Myth #1: Skating is expensive.
Training for Nationals is expensive. Skating is one of the cheapest entertainments around. Park district skating classes are no more expensive than any other park district classes. Skates, even decent skates, cost less than a bicycle new, and can be extremely cheap used. It's easy to find kid's gently used skates. (More on buying skates.)
Myth #2: If my child start privates, it means I think s/he's going to the Olympics
I've said it before: no one avoids music lessons because the kid isn't destined for Carnegie Hall. No one thinks you believe your kid is ready for Manchester United just because you sign up for soccer. Like anything else, you can skim the surface or dig in deep. Skating lessons are not a lifetime commitment to second mortgages.
Myth #3: Ice dancers can't jump/ice dance lessons detract from "real" skating
Let's explode this one. Ice dance is one of the best ways to learn power and body alignment. Ice dance is not full of skaters who bombed at singles; it is full of skaters who wanted the greater emotional and artistic range tolerated in the discipline. Many ice dancers, my own daughter included, have the full range of double and even triple jumps. Yes, when you get to the higher levels you stop training the other disciplines. But that works both ways. Might as well say "singles skaters can't dance."
Myth #4: Synchro skating ruins your technique
Like ice dance, synchro skating uses different techniques, not "bad" technique. Synchro skating, far from depleting the world of strong singles skaters, is the single most important discipline in skating right now because of the number of kids who now stay in skating so that they can be on the synchro team. Kids that used to quit in high school are now sticking with the sport. In fact, write to the NCAA right now and demand that Synchro be added as an NCAA sport!
Myth #5: Skaters are cliquish and mean
This one actually has a basis in truth, but not because of the skating. It's because middle school girls in general can be cliquish and mean. In fact, skaters, because of the independence and physical discipline required of the sport, tend to be more emotionally mature than their peers. I actually use this myth in teaching, because of a remark my daughter once made, when she said the good skaters looked so snotty. This is because when they skate, they have their noses in the air-- it's not arrogance! It's technique! I now tell kids "let me see 'snotty skater girl' posture!" They all know what I mean.
Myth #6: Figure skating will make my son gay
Just. No. Figure skating, like other artistic disciplines, sometimes attracts gay youth, but trust me, they were there already. Good news is, your gay son won't get married and move away. And he'll go shopping with you.

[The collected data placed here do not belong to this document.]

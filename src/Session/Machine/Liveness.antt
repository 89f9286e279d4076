-- ===== src/Session/Machine/Liveness.antt =====
-- A teardown that has begun comes to its end, on every schedule that goes on with it.
use keycard.Prelude.{
  ℕ, zero, suc, ◌+◌, Bool, true, false, ◌≡◌, ◌⊎◌, inl, inr, refl, subst, false≢true, Option, ℤ,
  arith, Bool-cases,
}
use keycard.Session.Types.{Session, Teardown, created, pausing, destroying}
use keycard.Session.Tasks.Teardown.{is_running, begin_teardown}
use keycard.Session.Tasks.Reaper.{
  idle_watchdog, idle_watchdog_end, hang_up_channel, force_close, force_close_end,
}
use keycard.Session.Machine.{
  Event, step, others, teardown_begins, room_paused, room_destroyed, hangs_up, drain_gives_up,
  is_finished,
}
use keycard.Session.Machine.Frame.{is_waiting, step-Frame}

-- An event that cancels no task: neither a hang-up nor the end of the drain's patience.
abbrev pub is_calm : Event → Bool
is_calm hangs_up = false
is_calm drain_gives_up = false
is_calm _ = true

abbrev is_created : Teardown → Bool
is_created (created allow_keep) = true
is_created _ = false

abbrev is_pausing : Teardown → Bool
is_pausing (pausing r) = true
is_pausing _ = false

abbrev is_destroying : Teardown → Bool
is_destroying (destroying r) = true
is_destroying _ = false

abbrev pub is_begin : Event → Bool
is_begin teardown_begins = true
is_begin _ = false

abbrev pub is_paused : Event → Bool
is_paused (room_paused outcome) = true
is_paused _ = false

abbrev pub is_destroyed : Event → Bool
is_destroyed (room_destroyed outcome) = true
is_destroyed _ = false

-- The teardown is over and the session has left the registry.
abbrev pub IsOver : Session → Type 0
IsOver s = (is_finished s.teardown ≡ true) × (s.active ≡ false)

record At (test : Teardown → Bool) (s : Session) : Type 0 where
  clean : s.teardown_cancelled ≡ false
  place : test s.teardown ≡ true

running_places :
    (t : Teardown)
    → is_running t ≡ true
    → (is_created t ≡ true) ⊎ ((is_pausing t ≡ true) ⊎ (is_destroying t ≡ true))
running_places t up = ground arith

module _ (can_pause : ℕ → Bool) where
  step-clean :
      (e : Event) (s : Session)
      → is_calm e ≡ true
      → s.teardown_cancelled ≡ false
      → (step can_pause e s).teardown_cancelled ≡ false
  unfolding step idle_watchdog idle_watchdog_end hang_up_channel force_close force_close_end
      begin_teardown
  step-clean (others move) s calm h = h
  step-clean hangs_up s calm h = absurd (cc)
  step-clean drain_gives_up s calm h = absurd (cc)
  step-clean _ s calm h = ground arith

  -- The channel, the watchdog and the drain leave a running teardown where it is.
  waiting-teardown :
      (e : Event) (s : Session)
      → is_waiting e ≡ true
      → is_running s.teardown ≡ true
      → (step can_pause e s).teardown ≡ s.teardown
  waiting-teardown e s w up = ground (arith, (step-Frame can_pause e s w).teardown)

  other-created :
      (e : Event) (s : Session)
      → is_waiting e ≡ false
      → s.teardown_cancelled ≡ false
      → is_created s.teardown ≡ true
      → is_begin e ≡ false
      → is_created (step can_pause e s).teardown ≡ true
  unfolding step
  other-created (others move) s w clean p b = p
  other-created _ s w clean p b = ground arith

  begin-created :
      (s : Session)
      → s.teardown_cancelled ≡ false
      → is_created s.teardown ≡ true
      → let t = step can_pause teardown_begins s in
        (is_pausing t.teardown ≡ true) ⊎ ((is_destroying t.teardown ≡ true) ⊎ IsOver t)
  unfolding step
  begin-created s clean p = ground arith

  other-pausing :
      (e : Event) (s : Session)
      → is_waiting e ≡ false
      → s.teardown_cancelled ≡ false
      → is_pausing s.teardown ≡ true
      → is_paused e ≡ false
      → is_pausing (step can_pause e s).teardown ≡ true
  unfolding step
  other-pausing (others move) s w clean p b = p
  other-pausing _ s w clean p b = ground arith

  paused-pausing :
      (outcome : Option ℕ) (s : Session)
      → is_pausing s.teardown ≡ true
      → let t = step can_pause (room_paused outcome) s in
        (is_destroying t.teardown ≡ true) ⊎ IsOver t
  unfolding step
  paused-pausing outcome s p = ground arith

  other-destroying :
      (e : Event) (s : Session)
      → is_waiting e ≡ false
      → s.teardown_cancelled ≡ false
      → is_destroying s.teardown ≡ true
      → is_destroyed e ≡ false
      → is_destroying (step can_pause e s).teardown ≡ true
  unfolding step
  other-destroying (others move) s w clean p b = p
  other-destroying _ s w clean p b = ground arith

  destroyed-destroying :
      (outcome : Option ℤ) (s : Session)
      → is_destroying s.teardown ≡ true
      → IsOver (step can_pause (room_destroyed outcome) s)
  unfolding step
  destroyed-destroying outcome s p = ground arith

  -- The event that a place waits for moves the teardown on.
  fires-created :
      (e : Event) (s : Session)
      → is_calm e ≡ true
      → is_begin e ≡ true
      → At is_created s
      → At is_pausing (step can_pause e s)
        ⊎ (At is_destroying (step can_pause e s) ⊎ IsOver (step can_pause e s))
  fires-created teardown_begins s calm b h =
      let clean = step-clean teardown_begins s calm h.clean in
      elim (begin-created s h.clean h.place) [
        | inl p ↦ inl (record { clean = clean; place = p })
        | inr (inl p) ↦ inr (inl (record { clean = clean; place = p }))
        | inr (inr over) ↦ inr (inr over)
      ]
  fires-created _ s calm b h = absurd (false≢true b)

  fires-pausing :
      (e : Event) (s : Session)
      → is_calm e ≡ true
      → is_paused e ≡ true
      → At is_pausing s
      → At is_destroying (step can_pause e s) ⊎ IsOver (step can_pause e s)
  fires-pausing (room_paused outcome) s calm b h = elim (paused-pausing outcome s h.place) [
    | inl p ↦ inl (record { clean = step-clean (room_paused outcome) s calm h.clean; place = p })
    | inr over ↦ inr over
  ]
  fires-pausing _ s calm b h = absurd (false≢true b)

  fires-destroying :
      (e : Event) (s : Session)
      → is_calm e ≡ true
      → is_destroyed e ≡ true
      → At is_destroying s
      → IsOver (step can_pause e s)
  fires-destroying (room_destroyed outcome) s calm b h = destroyed-destroying outcome s h.place
  fires-destroying _ s calm b h = absurd (false≢true b)

  -- A place that events other than `ends` leave alone is left alone by all of them.
  stays-At :
      (test : Teardown → Bool) (ends : Event → Bool)
      → ((t : Teardown) → test t ≡ true → is_running t ≡ true)
      → ((e : Event) (s : Session)
          → is_waiting e ≡ false
          → s.teardown_cancelled ≡ false
          → test s.teardown ≡ true
          → ends e ≡ false
          → test (step can_pause e s).teardown ≡ true)
      → (e : Event) (s : Session) → is_calm e ≡ true
      → ends e ≡ false
      → At test s
      → At test (step can_pause e s)
  stays-At test ends runs other e s calm not_yet h = record {
    clean = step-clean e s calm h.clean;
    place = elim (Bool-cases (is_waiting e)) [
      | inl w ↦ rw (waiting-teardown e s w (runs s.teardown h.place)) h.place
      | inr w ↦ other e s w h.clean h.place not_yet
    ];
  }

  -- The session on a schedule.
  pub after : (ℕ → Event) → Session → ℕ → Session
  after schedule s zero = s
  after schedule s (suc n) = step can_pause (schedule n) (after schedule s n)

  module _ (schedule : ℕ → Event) (s : Session) (calm : (n : ℕ) → is_calm (schedule n) ≡ true) where
    eventually :
        (P Q : Session → Type 0) (ends : Event → Bool)
        → ((e : Event) (t : Session)
            → is_calm e ≡ true
            → ends e ≡ false
            → P t
            → P (step can_pause e t))
        → ((e : Event) (t : Session)
            → is_calm e ≡ true
            → ends e ≡ true
            → P t
            → Q (step can_pause e t))
        → (d n m : ℕ) → m ≡ n + d
        → ends (schedule m) ≡ true
        → P (after schedule s n)
        → (k : ℕ) × Q (after schedule s k)
    unfolding after
    eventually P Q ends keeps fires zero n m e ending h =
        let same : m ≡ n = omega (arith, e) in
        (
          suc n,
          fires (schedule n) (after schedule s n) (calm n)
              (subst (λ i. ends (schedule i) ≡ true) same ending) h,
        )
    eventually P Q ends keeps fires (suc d) n m e ending h = elim (Bool-cases (ends (schedule n))) [
      | inl now ↦ (suc n, fires (schedule n) (after schedule s n) (calm n) now h)
      | inr not_yet ↦
          eventually P Q ends keeps fires d (suc n) m (omega (arith, e)) ending
            (keeps (schedule n) (after schedule s n) (calm n) not_yet h)
    ]

    -- Behind any moment there is one at which the test holds.
    abbrev pub Recurs : (Event → Bool) → Type 0
    Recurs test = (n : ℕ) → (d : ℕ) × (test (schedule (n + d)) ≡ true)

    module _ (begins : Recurs is_begin) (pauses : Recurs is_paused)
        (destroys : Recurs is_destroyed) where
      destroying-IsOver :
          (n : ℕ) → At is_destroying (after schedule s n) → (k : ℕ) × IsOver (after schedule s k)
      destroying-IsOver n h =
          let (d, ending) = destroys n in
          eventually (At is_destroying) IsOver is_destroyed
            (stays-At is_destroying is_destroyed (λ x y. ground arith) other-destroying)
            fires-destroying d n (n + d) refl ending h

      pausing-IsOver :
          (n : ℕ) → At is_pausing (after schedule s n) → (k : ℕ) × IsOver (after schedule s k)
      pausing-IsOver n h =
          let (d, ending) = pauses n in
          let (k, reached) =
            eventually (At is_pausing) (λ t. At is_destroying t ⊎ IsOver t) is_paused
              (stays-At is_pausing is_paused (λ x y. ground arith) other-pausing) fires-pausing d n
              (n + d) refl ending h in
          elim reached [ inl p ↦ destroying-IsOver k p | inr over ↦ (k, over) ]

      created-IsOver :
          (n : ℕ) → At is_created (after schedule s n) → (k : ℕ) × IsOver (after schedule s k)
      created-IsOver n h =
          let (d, ending) = begins n in
          let (k, reached) =
            eventually (At is_created) (λ t. At is_pausing t ⊎ (At is_destroying t ⊎ IsOver t))
              is_begin (stays-At is_created is_begin (λ x y. ground arith) other-created)
              fires-created d n (n + d) refl ending h in
          elim reached [
            | inl p ↦ pausing-IsOver k p
            | inr (inl p) ↦ destroying-IsOver k p
            | inr (inr over) ↦ (k, over)
          ]

      -- A teardown that has begun and that nothing cancels comes to its end: on every endless schedule
      -- without a hang-up and without the end of the drain's patience, if the teardown task is
      -- resumed again and again and each call of `pause` and `destroy` returns or raises at
      -- some time, there is a moment at which the teardown is over and the session is not
      -- registered any more.
      pub teardown_ends :
          is_running s.teardown ≡ true
          → s.teardown_cancelled ≡ false
          → (k : ℕ) × IsOver (after schedule s k)
      unfolding after
      teardown_ends up clean = elim (running_places s.teardown up) [
        | inl p ↦ created-IsOver 0 (record { clean = clean; place = p })
        | inr (inl p) ↦ pausing-IsOver 0 (record { clean = clean; place = p })
        | inr (inr p) ↦ destroying-IsOver 0 (record { clean = clean; place = p })
      ]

Myth #7: My coach will make my child starve herself
If your coach is doing weigh-ins and/or checking your child's eating habits, she or he is abusive. It's one thing to note when a child is losing or gaining weight inappropriately. It's fine to instruct a student in healthy eating for athletes and other human beings. Other than insisting on only healthy snacks at the rink, it's entirely wrong for the coach to make eating habits an issue, in the absence of any direct knowledge that the child has bad eating habits. You, as the parent, may concern yourself with the child's eating habits, and I hope you're teaching them how to eat healthy, whole, seasonal foods. But it's your business, not the coach's.
Myth #8: Taking class with a different coach will ruin the primary coach's technique.
Your coach's technique should be strong enough to withstand a once or twice a week class from another perspective. There are lots of different techniques; they all work and the skater should be aware of them all. Knowledge of other techniques does not "ruin" a skater; in terms of life lessons, it's a powerful one to learn that people who respect and get along with each other can disagree.
UPDATE Myth #9: If the skater does not have all the double jumps by the age of 10, it's too late to be competitive.
There are lots and lots of successful skaters who did not start until age 9 or later. Dorothy Hamill started at 9. Kurt Browning started at 13*, and he's Canadian! (How did his parents avoid jail time!) The correlating myth is that there is a specific level a skater "should" be at by a certain age. If your coach is telling you that your skater is behind simply because "at her age she should be in Free style already" or "all my students have an axel by age 7" well, that's about the coach not about the child.
*UPDATE/CORRECTION A reader did some research and learned the Kurt Browning had won some competition at age 11, so he couldn't have started skating when he was 13. He did hockey too, so he wasn't exclusively a figure skater until he was 15 or 16. The source of my information was an old bio-pic on him, but I did not confirm my memory of the statement.
UPDATE (thanks to reader Gordon) Myth #10 I can't skate, I have weak ankles Yeah? How's that walking thing working out for you?
What are some myths that you want exploded?